To Go Far or Not to Go Far: The Eternal College Question
By: Avery Didden
As a junior in high school, you sit down and write a list of colleges you plan on applying to. One of the main criteria you have to decide on before you even start that list is: How far are you willing to travel for school? Do you want a school that’s right around the corner from your childhood home so you can stop and drop off your laundry, or do you want to branch out on your own and go as far away as possible?
Some people may frown on the decision to stay close to home. “College is the time to ~find out who you are~,” they’ll say with a condescending nod. They’ll lecture you about the necessity of becoming an individual in college, asserting that you should be willing to travel far away to find your own way in the world. However, what these people fail to acknowledge is the whole host of factors that influence this decision: cost of travel, family members’ health, etc.
That’s why the question is slightly overrated.
Yes, it matters how far you are willing to travel for college in terms of what works best for you and your family logistically. However, the distance you are from home should not impact your ability to become an individual. That is where I think most outlooks on this question are flawed.

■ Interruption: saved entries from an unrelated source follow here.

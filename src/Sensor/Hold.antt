-- ===== src/Sensor/Hold.antt =====
-- Whatever a bus does, a change is brought to its end: the group hold is released, and a sensor put in
-- standby is started again when its table fails.
use podbay_camera_firmware.Prelude.{ℕ, ◌≡◌, refl, List, Result, Error, ok, err, false}
use podbay_camera_firmware.Device.{I2c}
use podbay_camera_firmware.Config.{Config, Geometry, geometry_of}
use podbay_camera_firmware.Config.Valid.{Fits, validate_origin_iff}
use podbay_camera_firmware.Sensor.{clamp_coarse, origin_registers, geometry_registers}
use podbay_camera_firmware.Sensor.Driver.{
  write_register, write_all, under_hold, and_release, set_exposure, set_origin_live,
  exposure_registers, restart_on_error, prepare_geometry_live, checked_physical, is_not_live,
  exceeds_array,
}

module _ (bus : I2c) where
  open bus use {State}

  -- The state in which a change that has taken the hold leaves the bus: a release was the last call,
  -- and a success means that the release succeeded.
  abbrev pub Released : Result (Unit {0}) × State → Type 0
  Released (result, s) =
      (before : State) × (s ≡ (write_register bus 0x0104 0x00 before).1)
      × (result ≡ ok tt → (write_register bus 0x0104 0x00 before).0 ≡ ok tt)

  and_release-Released : (r : Result (Unit {0})) (s : State) → Released (and_release bus (r, s))
  unfolding and_release
  and_release-Released (ok _) s = (s, refl, λ e. e)
  and_release-Released (err e) s = (s, refl, λ f. cc)

  under_hold-Released :
      (table : List (ℕ × ℕ)) (s held : State)
      → write_register bus 0x0104 0x01 s ≡ (ok tt, held)
      → Released (under_hold bus table s)
  unfolding under_hold
  under_hold-Released table s held h =
      rw h (and_release-Released (write_all bus table held).0 (write_all bus table held).1)

  -- On any bus, once the hold is taken, a change of the exposure or of the origin ends with the release
  -- of the hold, whichever write fails, and succeeds only if the release does.
  pub changes-Released :
      (g : Geometry) (x y frame_length coarse gain clamped : ℕ) (s held : State)
      → write_register bus 0x0104 0x01 s ≡ (ok tt, held)
      → clamp_coarse frame_length coarse ≡ ok clamped
      → Fits g x y
      → Released (set_exposure bus frame_length coarse gain s)
        × Released (set_origin_live bus g x y s)
  unfolding set_exposure set_origin_live
  changes-Released g x y frame_length coarse gain clamped s held h c fits = (
    rw c (under_hold-Released (exposure_registers frame_length clamped gain) s held h),
    rw ((validate_origin_iff g x y).1 fits) (under_hold-Released (origin_registers g x y) s held h),
  )

  restart_after :
      (g : Geometry) (e : Error) (p : Result (Unit {0}) × State)
      → (restart_on_error bus g p).0 ≡ err e
      → (before : State) × ((restart_on_error bus g p).1
          ≡ (write_register bus 0x0100 0x01 before).1)
  unfolding restart_on_error
  restart_after g e (ok _, s) h = cc
  restart_after g e (err f, s) h = (s, refl)

  -- On any bus, a retuning that fails after the sensor was put in standby ends with the call that
  -- starts it again.
  pub prepare_geometry_live_restarts :
      (c : Config) (width height coarse : ℕ) (e : Error) (s standby : State)
      → is_not_live c ≡ false
      → checked_physical c.tile_width c.sensor_binning c.sensor_scale ≡ ok width
      → checked_physical c.tile_height c.sensor_binning c.sensor_scale ≡ ok height
      → exceeds_array c.initial_x c.initial_y width height ≡ false
      → clamp_coarse c.frame_length c.coarse ≡ ok coarse
      → write_register bus 0x0100 0x00 s ≡ (ok tt, standby)
      → (prepare_geometry_live bus c s).0 ≡ err e
      → (before : State) × ((prepare_geometry_live bus c s).1
          ≡ (write_register bus 0x0100 0x01 before).1)
  unfolding prepare_geometry_live
  prepare_geometry_live_restarts c width height coarse e s standby live w h inside clamped stopped
        failed =
      rw (live, w, h, inside, clamped, stopped)
        (restart_after (geometry_of c) e
          (write_all bus (geometry_registers c coarse width height) standby)
          (rw (live, w, h, inside, clamped, stopped) at failed))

As long as you approach college as an experience in which you are dedicated to learning who you are as an individual, it truly does not matter the distance you are from home. Now, if staying close to home makes you unable to become an individual (like if you’re stopping home every day to get your clothes folded or your questions answered), maybe travel farther away. But, if not, there is no reason why staying close to home should be frowned upon. If you focus on making college an individual experience, it doesn’t matter if your childhood house is 10 minutes away or 10 hours.
Overall, the decision should be about the school: the classes, the programs, the social life. It should be about creating a life for yourself as your own person. And, you should do it at the place that will allow you to foster and nurture that growth. More often than not, the answer to if a school allows you to do that is within the school itself not about whether you need a plane or a bike to get home.
I’m a plane ride away from home, but my best friend is a 40 minute drive. In freshman year, we both were home the same amount, each dedicated to our studies and our own lives. We’re living examples of the overrated quality of this question.
It’s time we learned to focus on the questions that matter not the ones we are used to asking.